• ABOUT THIS EXERCISE:
Which lines of the entries below contain the string "keeps"? Copy each one.

=== Section Start ===

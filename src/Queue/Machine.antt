-- ===== src/Queue/Machine.antt =====
-- hermes_agent_a2a/task_queue.py: where `transition` can bring a task, step by step.
use hermes_agent_a2a.Prelude.{
  String, ◌≡◌, ◌≢◌, refl, sym, List, [], ◌∷◌, arith, ◌⊎◌, inl, inr, eq_iff,
}
use mathlib.Core.List.{Memᴰ}
use hermes_agent_a2a.Dict.{get}
use hermes_agent_a2a.Dict.Laws.{get-put}
use hermes_agent_a2a.Queue.State.{
  TaskState, submitted, auth_required, authenticated, completed, failed, canceled, rejected,
  TaskQueue,
}
use hermes_agent_a2a.Queue.Ops.{transition, transitions, allowed, state_or}

-- The state of a task, as `transition` reads it.
abbrev pub state_of : String → TaskQueue → TaskState
state_of k q = state_or submitted (get k q.states)

-- `transition` along a list of target states
abbrev pub transition_all : String → List TaskState → TaskQueue → TaskQueue
transition_all k [] q = q
transition_all k (s ∷ ss) q = transition_all k ss (transition k s q).0

abbrev pub IsTerminal : TaskState → Type 0
IsTerminal s = (s ≡ completed) ⊎ (s ≡ failed) ⊎ (s ≡ canceled) ⊎ (s ≡ rejected)

transition_of_IsTerminal :
    (k : String) (s : TaskState) (q : TaskQueue)
    → IsTerminal (state_of k q)
    → (transition k s q).0 ≡ q
unfolding transition transitions allowed
transition_of_IsTerminal k s q h = ground arith

-- A task in a terminal state is never moved again by `transition`, whatever the targets.
pub terminal_absorbs :
    (k : String) (targets : List TaskState) (q : TaskQueue)
    → IsTerminal (state_of k q)
    → transition_all k targets q ≡ q
terminal_absorbs k [] q h = refl
terminal_absorbs k (s ∷ ss) q h = rw (transition_of_IsTerminal k s q h) (terminal_absorbs k ss q h)

gate_step :
    (k : String) (s : TaskState) (q : TaskQueue)
    → (state_of k q ≡ auth_required) ⊎ (state_of k q ≡ rejected)
    → (s ≡ authenticated)
      ⊎ (state_of k (transition k s q).0 ≡ auth_required)
      ⊎ (state_of k (transition k s q).0 ≡ rejected)
unfolding transition transitions allowed
gate_step k s q h = ground (arith, get-put k k s q.states, eq_iff k k)

-- A task that requires authentication is brought to another state than "auth_required" and
-- "rejected" by `transition` only along a list of targets that has "authenticated" in it.
pub auth_gate :
    (k : String) (targets : List TaskState) (q : TaskQueue)
    → (state_of k q ≡ auth_required) ⊎ (state_of k q ≡ rejected)
    → state_of k (transition_all k targets q) ≢ auth_required
    → state_of k (transition_all k targets q) ≢ rejected
    → Memᴰ authenticated targets
auth_gate k [] q h a r = ground (arith, a, r)
auth_gate k (s ∷ ss) q h a r = elim (gate_step k s q h) [
  | inl here ↦ Memᴰ.head (sym here)
  | inr there ↦ Memᴰ.tail (auth_gate k ss (transition k s q).0 there a r)
]
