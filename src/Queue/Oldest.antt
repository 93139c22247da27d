-- ===== src/Queue/Oldest.antt =====
-- hermes_agent_a2a/task_queue.py and the watchdog of hermes_agent_a2a/server.py: the recorded oldest
-- time is exact as long as no task is put back by `requeue_tasks`, so the watchdog may skip its scan.
use hermes_agent_a2a.Prelude.{
  ℕ, ◌≤◌, String, ◌≡◌, ◌≢◌, refl, sym, ◌∙◌, false, Option, none, some, [], ◌∷◌, arith, eq_iff, ◌==◌,
  Option-cases, Bool-cases, inl, inr,
}
use hermes_agent_a2a.Dict.{Dict, get, put, remove, IsDistinct}
use hermes_agent_a2a.Dict.Laws.{remove_absent}
use hermes_agent_a2a.Queue.State.{
  Ref, PendingTask, TaskQueue, update, min_created, is_oldest, new_task,
}
use hermes_agent_a2a.Queue.Ops.{older, admit, oldest_after, count_enqueued}
use hermes_agent_a2a.Json.{Fields}
use hermes_agent_a2a.Queue.WellFormed.{IsWellFormed}

-- The minimum depends only on the times.
min_created-same :
    (f g : Ref → PendingTask) (d : Dict Ref)
    → ((k : String) (r : Ref) → get k d ≡ some r → (f r).created_at ≡ (g r).created_at)
    → IsDistinct d
    → min_created f d ≡ min_created g d
unfolding min_created get IsDistinct
min_created-same f g [] same u = refl
min_created-same f g ((k, r) ∷ d) same u =
    let tail = min_created-same f g d (λ j s h. same j s (ground (arith, eq_iff k j, u.0))) u.1 in
    ground (arith, same k r (ground (arith, eq_iff k k)), tail)

min_created-put :
    (f : Ref → PendingTask) (k : String) (r : Ref) (d : Dict Ref)
    → get k d ≡ none
    → min_created f (put k r d) ≡ older (min_created f d) (f r).created_at
unfolding min_created get put
min_created-put f k r [] h = refl
min_created-put f k r ((j, s) ∷ d) h = ground (arith, min_created-put f k r d)

some_min :
    (f : Ref → PendingTask) (k : String) (r : Ref) (d : Dict Ref)
    → get k d ≡ some r
    → min_created f d ≢ none
unfolding min_created get
some_min f k r [] h = cc
some_min f k r ((j, s) ∷ d) h = ground arith

pub min_created-le :
    (f : Ref → PendingTask) (k : String) (r : Ref) (d : Dict Ref) (t : ℕ)
    → get k d ≡ some r
    → min_created f d ≡ some t
    → t ≤ (f r).created_at
unfolding min_created get
min_created-le f k r [] t h m = cc
min_created-le f k r ((j, s) ∷ d) t h m = elim (Option-cases (min_created f d)) [
  | inl e ↦ ground (arith, e, some_min f k r d)
  | inr (u, e) ↦ ground (arith, e, min_created-le f k r d u)
]

empty_min :
    (f : Ref → PendingTask) (k : String) (d : Dict Ref)
    → min_created f d ≡ none
    → min_created f (remove k d) ≡ none
unfolding min_created remove
empty_min f k [] h = h
empty_min f k ((j, s) ∷ d) h = ground arith

-- Removing an entry does not lower the minimum.
min_created-remove-le :
    (f : Ref → PendingTask) (k : String) (d : Dict Ref) (t u : ℕ)
    → min_created f d ≡ some t
    → min_created f (remove k d) ≡ some u
    → t ≤ u
unfolding min_created remove
min_created-remove-le f k [] t u m m' = cc
min_created-remove-le f k ((j, s) ∷ d) t u m m' = elim (Bool-cases (j == k)) [
  | inl here ↦ elim (Option-cases (min_created f d)) [
    | inl e ↦ ground (arith, e, empty_min f k d e)
    | inr (v, e) ↦ ground (arith, e, min_created-remove-le f k d v u e)
  ]
  | inr there ↦ elim (Option-cases (min_created f d)) [
    | inl e ↦ ground (arith, e, there, empty_min f k d e)
    | inr (v, e) ↦ elim (Option-cases (min_created f (remove k d))) [
      | inl e' ↦ ground (arith, e, e', there)
      | inr (v', e') ↦ ground (arith, e, e', there, min_created-remove-le f k d v v' e e')
    ]
  ]
]

-- Without an entry whose time is not the minimum, the minimum stays.
min_created-remove :
    (f : Ref → PendingTask) (k : String) (r : Ref) (d : Dict Ref)
    → IsDistinct d
    → get k d ≡ some r
    → is_oldest (f r).created_at (min_created f d) ≡ false
    → min_created f (remove k d) ≡ min_created f d
unfolding min_created get remove IsDistinct
min_created-remove f k r [] u h ne = cc
min_created-remove f k r ((j, s) ∷ d) u h ne = elim (Bool-cases (j == k)) [
  | inl here ↦ ground (arith, here, remove_absent k d, eq_iff j k)
  | inr there ↦ elim (Option-cases (min_created f d)) [
    | inl e ↦ ground (arith, e, there, some_min f k r d)
    | inr (v, e) ↦ elim (Option-cases (min_created f (remove k d))) [
      | inl e' ↦ ground (arith, e, e', there, min_created-remove f k r d u.1)
      | inr (v', e') ↦ ground (
        arith,
        e,
        e',
        there,
        min_created-remove f k r d u.1,
        min_created-remove-le f k d v v' e e',
      )
    ]
  ]
]

-- The recorded time is the time of the oldest pending task.
abbrev pub IsOldest : TaskQueue → Type 0
IsOldest q = q.oldest_pending_time ≡ min_created q.objects q.pending

-- A write that keeps the times of the pending tasks.
pub retimed-IsOldest :
    {q : TaskQueue} (objects : Ref → PendingTask)
    → ((s : Ref) → (objects s).created_at ≡ (q.objects s).created_at)
    → IsWellFormed q
    → IsOldest q
    → IsOldest (record q { objects = objects })
retimed-IsOldest {q} objects same w h =
    h ∙ sym (min_created-same objects q.objects q.pending (λ k r _. same r) w.pending_distinct)

pub created_at-update :
    (objects : Ref → PendingTask) (r s : Ref) (t : PendingTask)
    → t.created_at ≡ (objects r).created_at
    → (update objects r t s).created_at ≡ (objects s).created_at
created_at-update objects r s t h = ground arith

pub admit-IsOldest :
    (now : ℕ) (k text : String) (m : Fields) (c : Option String) {q : TaskQueue}
    → IsWellFormed q
    → get k q.pending ≡ none
    → IsOldest q
    → IsOldest (count_enqueued (admit now k text m c q, 0))
unfolding admit count_enqueued
admit-IsOldest now k text m c {q} w new h =
    let f = update q.objects q.next (new_task now k text m c) in
    let old : min_created f q.pending ≡ min_created q.objects q.pending =
      min_created-same f q.objects q.pending
        (λ j r there. ground (arith, w.pending_fresh j r there)) w.pending_distinct in
    ground (arith, old, h, min_created-put f k q.next q.pending new)

-- Popping a pending task, its object rewritten with the same time, keeps the oldest time exact.
pub popped-IsOldest :
    (k : String) (r : Ref) (t : PendingTask) {q : TaskQueue}
    → IsWellFormed q
    → get k q.pending ≡ some r
    → t.created_at ≡ (q.objects r).created_at
    → IsOldest q
    → oldest_after (update q.objects r t) r (remove k q.pending) q.oldest_pending_time
      ≡ min_created (update q.objects r t) (remove k q.pending)
popped-IsOldest k r t {q} w there same h =
    let f = update q.objects r t in
    let old : min_created f q.pending ≡ min_created q.objects q.pending =
      min_created-same f q.objects q.pending (λ j s _. created_at-update q.objects r s t same)
        w.pending_distinct in
    elim (Bool-cases (is_oldest (f r).created_at q.oldest_pending_time)) [
      | inl gone ↦ rw gone refl
      | inr stays ↦ rw stays (
          h
          ∙ sym old
          ∙ sym (
              min_created-remove f k r q.pending w.pending_distinct there
                (ground (arith, old, h, stays))))
    ]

=== Section End ===

• WRITTEN REPLY:
-- A write that keeps the times of the pending tasks.
-- Popping a pending task, its object rewritten with the same time, keeps the oldest time exact.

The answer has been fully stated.